Why do these vectors not belong to the same vector space? I'm trying to verify that $W$ (being the set of all vectors in $\mathbb R^3$ whose third component is $-1$) is not a subspace of the vector space.
You can have a vector $(0,0,-1)$ and through a scalar of $4$, you can obtain vector $(0,0,-4)$.
I understand to prove a subspace one only needs to prove that set is closed under both addition and multiplication.
However, I don't understand, why $(0,0,-1)$ and $(0,0,-4)$ are not in the same vector space.
 A: A subspace has to contain the $0$-vector. All vectors of $W$ have $-1$ as their third component.
A: I think that by your definition of $W$, $W$ is not a vector space, although it is s subset of a vector space. It is not a vector space, since the set must be closed under addition, and this is clearly not closed, since two vectors $(a_1, a_2, -1)$ and $(b_1, b_2, -1)$ add to $(a_1 + b_1, a_2 + b_2, -2)$ thus the sum of any two elements of $W$ is not in $W$ since $W$ contains only elements of the form $(x_1, x_2, -1)$. Thus it is not closed under addition, nor as you point out, under scalar multiplication.

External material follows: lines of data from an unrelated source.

-- ===== src/Chain/Facade/Progress.antt =====
-- What stays true of the chain while blocks and orphans are processed.
use vcash.Prelude.{
  is_ok, ℕ, zero, suc, ◌+◌, ◌≤◌, ◌≡◌, refl, sym, ◌∙◌, inl, inr, Bool, true, false, List, [], ◌∷◌,
  length, Option, none, some, some-injective, Result, ok, err, arith, if◌then◌else◌, wrap64,
  Bool-cases,
}
use mathlib.Core.Path.{subst}
use vcash.Consensus.Params.{ChainType}
use vcash.Chain.Types.{BlockHeader, Block, Tip, ChainError, Batch, Env, Context, head, or_not_found}
use vcash.Chain.Process
use vcash.Chain.Process.Head.{IsMove, process_block-IsMove}
use vcash.Chain.Process.Linked.{IsLinked, process-IsLinked}
use vcash.Chain.Orphans.{Options, Orphan, OrphanBlockPool, remove_by_height}
use vcash.Chain.Orphans.Bounds.{IsBounded, add-IsBounded, remove_by_height-IsBounded}
use vcash.Chain.Facade.{
  Chain, BlockError, with_opts, new_ctx, dropped, refuse, conclude, process_block_single,
  process_orphans, check_orphans, with_result, process_block,
}

module _ (env : Env) where
  -- The headers are linked, and there is a head, of at least the given height.
  pub record IsAhead (height : ℕ) (store : Batch) : Type 0 where
    pub linked : IsLinked env store.headers
    pub tip : Tip
    pub is_head : store.head_tip ≡ some tip
    pub above : height ≤ tip.height

module _ (chain : ChainType) (env : Env) (clock : ℕ → ℕ) where
  -- What one block keeps, and taking orphans out of the pool, is kept by a block and its orphans.
  module _ {ℓ} (P : Chain env → Type ℓ)
      (single : (b : Block) (opts : Options) (c : Chain env)
        → P c
        → P (process_block_single chain env clock b opts c).1)
      (taken : (height : ℕ) (c : Chain env) (t : List Orphan × OrphanBlockPool)
        → remove_by_height height c.orphans ≡ some t
        → P c
        → P (record c { orphans = t.1 })) where
    keep_orphans :
        (os : List Orphan) (a : ℕ × Bool) (c : Chain env)
        → P c
        → P (process_orphans chain env clock os a c).1
    unfolding process_orphans
    keep_orphans [] a c p = p
    keep_orphans (o ∷ os) a c p =
        let r = process_block_single chain env clock o.block o.opts c in
        keep_orphans os (if is_ok r.0 then (o.block.header.height, true) else a) r.1
          (single o.block o.opts c p)

    keep_check :
        (fuel height : ℕ) (c c' : Chain env)
        → check_orphans chain env clock fuel height c ≡ some c'
        → P c
        → P c'
    unfolding check_orphans
    keep_check zero height c c' e p = absurd (cc)
    keep_check (suc fuel) height c c' e p =
        popped (λ h d f q. keep_check fuel h d c' f q) (remove_by_height height c.orphans) refl e
      where
        Again : Type ℓ
        Again =
            (h : ℕ) (d : Chain env) → check_orphans chain env clock fuel h d ≡ some c' → P d → P c'

        went_on :
            Again
            → (r : (ℕ × Bool) × Chain env) (b : Bool) → P r.1
            → (elim b as (λ _. Option (Chain env)) [
              | true ↦ check_orphans chain env clock fuel (wrap64 (r.0.0 + 1)) r.1
              | false ↦ some r.1
            ])
              ≡ some c'
            → P c'
        went_on again r true q e = again (wrap64 (r.0.0 + 1)) r.1 e q
        went_on again r false q e = subst P (some-injective e) q

        popped :
            Again
            → (o : Option (List Orphan × OrphanBlockPool)) → remove_by_height height c.orphans ≡ o
            → (elim o as (λ _. Option (Chain env)) [
              | none ↦ some c
              | some taken ↦
                  let r =
                    process_orphans chain env clock taken.0
                      (height, false)
                      (record c { orphans = taken.1 }) in
                  elim (r.0.1) as (λ _. Option (Chain env)) [
                    | true ↦ check_orphans chain env clock fuel (wrap64 (r.0.0 + 1)) r.1
                    | false ↦ some r.1
                  ]
            ])
              ≡ some c'
            → P c'
        popped again none g e = subst P (some-injective e) p
        popped again (some t) g e =
            let d : Chain env = record c { orphans = t.1 } in
            let r = process_orphans chain env clock t.0 (height, false) d in
            went_on again r (r.0.1) (keep_orphans (t.0) (height, false) d (taken height c t g p)) e

    pub keep_block :
        (b : Block) (opts : Options) (c : Chain env)
        (r : Result BlockError (Option Tip) × Chain env)
        → process_block chain env clock b opts c ≡ some r
        → P c
        → P r.1
    unfolding process_block
    keep_block b opts c r e p =
        let s = process_block_single chain env clock b opts c in
        let q = single b opts c p in
        elim (Bool-cases (is_ok s.0)) [
          | inl t ↦ after (s.0) (s.1) q _ refl (rw t at e)
          | inr f ↦
              subst (λ (x : Result BlockError (Option Tip) × Chain env). P x.1)
                (some-injective (rw f at e)) q
        ]
      where
        after :
            (res : Result BlockError (Option Tip)) (d : Chain env)
            → P d
            → (o : Option (Chain env))
            → check_orphans chain env clock
                (suc (length d.orphans.height_idx))
                (wrap64 (b.header.height + 1))
                d
              ≡ o
            → with_result chain env clock res o ≡ some r
            → P r.1
        after res d q none g e = absurd (cc)
        after res d q (some x) g e =
            subst (λ (y : Result BlockError (Option Tip) × Chain env). P y.1) (some-injective e)
              (keep_check _ _ d x g q)

  refuse-IsBounded :
      (b : Block) (opts : Options) (e : ChainError) (c : Chain env)
      → IsBounded c.orphans
      → IsBounded (refuse chain env clock b opts e c).orphans
  unfolding refuse
  refuse-IsBounded b opts ChainError.orphan c p =
      add-IsBounded env.hash (clock (suc c.reads))
        (record { block = b; opts = opts; added = clock c.reads }) c.orphans p
  refuse-IsBounded b opts e c p = p

  single-IsBounded :
      (b : Block) (opts : Options) (c : Chain env)
      → IsBounded c.orphans
      → IsBounded (process_block_single chain env clock b opts c).1.orphans
  unfolding process_block_single
  single-IsBounded b opts c p = started (head env c.store)
    where
      concluded :
          (prev_head : Tip)
          (y : Result ChainError (Option Tip) × Context (with_opts chain env clock opts))
          → IsBounded (conclude chain env clock b opts prev_head c y).1.orphans
      concluded prev_head (ok new_head, x) = p
      concluded prev_head (err e, x) =
          refuse-IsBounded b opts e (dropped chain env clock opts x c) p

      started :
          (h : Result ChainError Tip)
          → IsBounded
              (elim h as (λ _. Result BlockError (Option Tip) × Chain env) [
                | err e ↦ (err (BlockError.kept e), c)
                | ok prev_head ↦ conclude chain env clock b opts prev_head c (
                    Process.process_block chain
                      (with_opts chain env clock opts)
                      b
                      (new_ctx chain env clock opts c.header_pmmr c))
              ]).1.orphans
      started (err e) = p
      started (ok prev_head) = concluded prev_head _

  -- However many orphans come in and are taken up again while a block is processed, the pool never
  -- ends up with more than 200 of them, and each stays indexed.
  pub process_block-IsBounded :
      (b : Block) (opts : Options) (c : Chain env) (r : Result BlockError (Option Tip) × Chain env)
      → process_block chain env clock b opts c ≡ some r
      → IsBounded c.orphans
      → IsBounded r.1.orphans
  process_block-IsBounded =
      keep_block (λ c. IsBounded c.orphans) single-IsBounded
        (λ height c t e p. remove_by_height-IsBounded height c.orphans t e p)

  refuse-store :
      (b : Block) (opts : Options) (e : ChainError) (c : Chain env)
      → (refuse chain env clock b opts e c).store ≡ c.store
  unfolding refuse
  refuse-store b opts ChainError.orphan c = refl
  refuse-store b opts e c = refl

  -- Where the store has a head, the block goes to the pipeline.
  pub process_block_single-at_head :
      (b : Block) (opts : Options) (c : Chain env) (tip : Tip)
      → c.store.head_tip ≡ some tip
      → process_block_single chain env clock b opts c
        ≡ conclude chain env clock b opts tip c (
            Process.process_block chain
              (with_opts chain env clock opts)
              b
              (new_ctx chain env clock opts c.header_pmmr c))
  unfolding process_block_single
  process_block_single-at_head b opts c tip e = started c.store.head_tip e
    where
      started :
          (o : Option Tip)
          → o ≡ some tip
          → (elim (or_not_found o) as (λ _. Result BlockError (Option Tip) × Chain env) [
            | err e ↦ (err (BlockError.kept e), c)
            | ok prev_head ↦ conclude chain env clock b opts prev_head c (
                Process.process_block chain
                  (with_opts chain env clock opts)
                  b
                  (new_ctx chain env clock opts c.header_pmmr c))
          ])
            ≡ conclude chain env clock b opts tip c (
                Process.process_block chain
                  (with_opts chain env clock opts)
                  b
                  (new_ctx chain env clock opts c.header_pmmr c))
      started none e = absurd (cc)
      started (some t) e = rw (some-injective e) refl

  module _
      (collision_free : (x y : BlockHeader) → env.hash x ≡ env.hash y → x.height ≡ y.height) where
    single-IsAhead :
        (least : ℕ) (b : Block) (opts : Options) (c : Chain env)
        → IsAhead env least c.store
        → IsAhead env least (process_block_single chain env clock b opts c).1.store
    unfolding IsLinked
    single-IsAhead least b opts c p =
        subst (λ (y : Result BlockError (Option Tip) × Chain env). IsAhead env least y.1.store)
          (sym (process_block_single-at_head b opts c p.tip p.is_head))
          (concluded (Process.process_block chain env' b x)
            (process_block-IsMove chain env' b p.tip x p.is_head)
            ((process-IsLinked env' collision_free chain b b.header [] x p.linked).0))
      where
        env' : Env
        env' = with_opts chain env clock opts

        x : Context env'
        x = new_ctx chain env clock opts c.header_pmmr c

        concluded :
            (y : Result ChainError (Option Tip) × Context env')
            → IsMove chain env' b p.tip c.store y
            → IsLinked env y.1.batch.headers
            → IsAhead env least (conclude chain env clock b opts p.tip c y).1.store
        concluded (ok (some tip), y) move linked = record {
          linked = linked;
          tip = tip;
          is_head = move.1.0;
          above = omega (arith, p.above, move.1.1);
        }
        concluded (ok none, y) move linked = record {
          linked = linked;
          tip = p.tip;
          is_head = move.0 ∙ p.is_head;
          above = p.above;
        }
        concluded (err e, y) move linked =
            let still : (refuse chain env clock b opts e d).store ≡ c.store =
              refuse-store b opts e d in
            rw still p
          where
            d : Chain env
            d = dropped chain env clock opts y c

    -- Through a block and all the orphans that follow it, accepted or not, the headers of the store
    -- stay linked and the head never falls below a height that it had reached; if headers of one hash
    -- have one height.
    pub process_block-IsAhead :
        (least : ℕ) (b : Block) (opts : Options) (c : Chain env)
        (r : Result BlockError (Option Tip) × Chain env)
        → process_block chain env clock b opts c ≡ some r
        → IsAhead env least c.store
        → IsAhead env least r.1.store
    process_block-IsAhead least =
        keep_block (λ c. IsAhead env least c.store) (single-IsAhead least) (λ height c t e p. p)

A: The differences of any two elements of $W$ is a sub-vector space $W_0$. $W$ itself is but a translated of this vector space with equation $z=0$ by the vector $(0,0,-1)$, and is called  an affine subspace with direction $W_0$.
A: Recall the axioms of a vector space. In particular, for any vector space $V$, there is an element $0 \in v$, such that $v+0=0+v=v$ for any $v \in V$. Obviously, your set $W = \{ (x_1,x_2,x_3) \in \Bbb R^3 \mid x_3 = -1\}$, doesn't contain such an element, thus can't be a vector space.